Chapter 1. Ring-Opening Knoevenagel Strategy for the Synthesis of Alpha-Carboalkoxy Cyclopentenones and Their Use in the Diels-Alder Cycloaddition.
The Diels-Alder reaction has enabled the synthesis of hundreds of natural products efficiently and with high levels of stereocontrol. Despite over eight decades of development, this reaction is incapable of forming hydrindane ring junctions from alphahydro beta-alkyl cyclopentenones. As such, we used alpha-carboalkoxy cyclopentenones as synergistic dienophiles, but exposed a lack of synthetic tools for assembling strained bicyclic cyclopentenones. We addressed this paucity by developing a ring-opening Knoevenagel reaction for synthesizing these synergistic dienophiles with varying degrees of substitution. The 6 step protecting group free total synthesis of a structurally similar natural product merrekentrone D was achieved to demonstrate the utility of the new method. In addition, the Diels-Alder cycloaddition with these molecules with the Danishefsky-Kitahara diene were studied. The variability of the ring-opening Knoevenagel reaction also led to the development of a decarboxylative Diels-Alder cycloaddition which is degenerate with the alpha-hydro beta-alkyl cyclopentenone Diels- Alder reaction. The hydrindane structures are referred to as iso-Hajos-Parrish ketones which we subsequently demonstrate as powerful building blocks for natural product total synthesis.
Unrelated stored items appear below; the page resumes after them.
-- ===== src/Agent/Descriptor/Replay.antt =====
-- When the descriptor that is written into a plan finds its element again.
use browser_agent.Common.{
  ℕ, suc, String, ◌≡◌, Bool, true, Option, some, List, [], ◌∷◌, arith, eq_iff, str_eq_refl, keep_if,
  get_elem?, Bool-cases, Option-cases, inl, inr, any_of, ◌↔◌, All-keep_if, All-get_elem?,
}
use browser_agent.Json.{ℤ, pos, negsuc}
use browser_agent.Agent.Step.{Descriptor}
use browser_agent.Agent.Tools.{Mark}
use browser_agent.Agent.Descriptor.{
  int_eq, mark_eq, index, fits, match_descriptor, descriptor_for, role_of,
}

int_eq→eq : (a b : ℤ) → int_eq a b ≡ true → a ≡ b
int_eq→eq a b h = ground arith

int_eq_refl : (a : ℤ) → int_eq a a ≡ true
int_eq_refl (pos n) = ground arith
int_eq_refl (negsuc n) = ground arith

mark_eq→eq : (a b : Mark) → mark_eq a b ≡ true → a ≡ b
mark_eq→eq a b h = ground (
  arith,
  int_eq→eq a.mark_id b.mark_id,
  eq_iff a.role b.role,
  eq_iff a.name b.name,
  eq_iff a.href b.href,
  eq_iff a.placeholder b.placeholder,
  eq_iff a.viewport_region b.viewport_region,
)

mark_eq_refl : (a : Mark) → mark_eq a a ≡ true
mark_eq_refl a = rw (
  int_eq_refl a.mark_id,
  str_eq_refl a.role,
  str_eq_refl a.name,
  str_eq_refl a.href,
  str_eq_refl a.placeholder,
  str_eq_refl a.viewport_region,
)

-- The mark is in the list.
abbrev pub is_in : Mark → List Mark → Bool
is_in m = any_of (λ x. mark_eq x m)

index-get_elem? :
    (m : Mark) (xs : List Mark) (n : ℕ) → index m xs ≡ some n → get_elem? xs n ≡ some m
unfolding index
index-get_elem? m [] n e = cc
index-get_elem? m (x ∷ xs) n e = elim (Bool-cases (mark_eq x m)) [
  | inl hit ↦ ground (arith, hit, mark_eq→eq x m hit)
  | inr miss ↦ elim (Option-cases (index m xs)) [
    | inl none_left ↦ ground (arith, miss, none_left)
    | inr (k, found) ↦ ground (arith, miss, found, index-get_elem? m xs k found)
  ]
]

index-is_in : (m : Mark) (xs : List Mark) → is_in m xs ≡ true → (n : ℕ) × (index m xs ≡ some n)
unfolding index
index-is_in m [] h = cc
index-is_in m (x ∷ xs) h = elim (Bool-cases (mark_eq x m)) [
  | inl hit ↦ (0, rw hit)
  | inr miss ↦ let (n, e) = index-is_in m xs (rw miss at h) in (suc n, rw (miss, e))
]

module _ (p : Mark → Bool) where
  is_in-keep_if :
      (m : Mark) (xs : List Mark) → p m ≡ true → is_in m xs ≡ true → is_in m (keep_if p xs) ≡ true
  is_in-keep_if m [] h e = e
  is_in-keep_if m (x ∷ xs) h e = elim (Bool-cases (mark_eq x m)) [
    | inl hit ↦ rw (mark_eq→eq x m hit, h, mark_eq_refl m)
    | inr miss ↦ ground (arith, miss, is_in-keep_if m xs h (rw miss at e))
  ]

module _ (search_re : String → String → Option Bool) where
  -- A descriptor that `descriptor_for` makes of an element of the page finds that element again
  -- on the same page exactly if the element meets the descriptor's own patterns.
  pub match_descriptor-descriptor_for :
      (mark : Mark) (marks : List Mark) (hint : Descriptor)
      → is_in mark marks ≡ true
      → let desc = descriptor_for search_re mark marks hint in
        (match_descriptor search_re (some desc) marks ≡ some mark)
        ↔ (fits search_re desc mark ≡ true)
  unfolding descriptor_for match_descriptor fits
  match_descriptor-descriptor_for mark marks hint here = (
    λ e.
        All-get_elem? (λ m. fits search_re desc m ≡ true) (keep_if (fits search_re desc) marks) _
          mark (All-keep_if (fits search_re desc) marks) e,
    λ h.
        let (n, e) =
          index-is_in mark (keep_if (fits search_re desc) marks)
            (is_in-keep_if (fits search_re desc) mark marks h here) in
        rw e (index-get_elem? mark (keep_if (fits search_re desc) marks) n e),
  )
    where
      desc : Descriptor
      desc = record hint { role = role_of mark hint; ordinal = pos 0 }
Chapter 2. Synthetic Studies Towards the Shizukaol Family of Oligomeric Sesquiterpene Natural Products
The shizukaol family of oligomeric natural products are one of three oligomeric sesquiterpene families. Three different generations of synthetic strategies towards the unstable and dimeric precursor lindenatriene were studied. The use of the iso-Hajos-Parrish ketone enabled a 10 step, protecting group free, total synthesis of the intermediate. In addition the formation of unnatural dimers was achieved as well as several unexpected results which led to the generalization of our strategy to other natural product families.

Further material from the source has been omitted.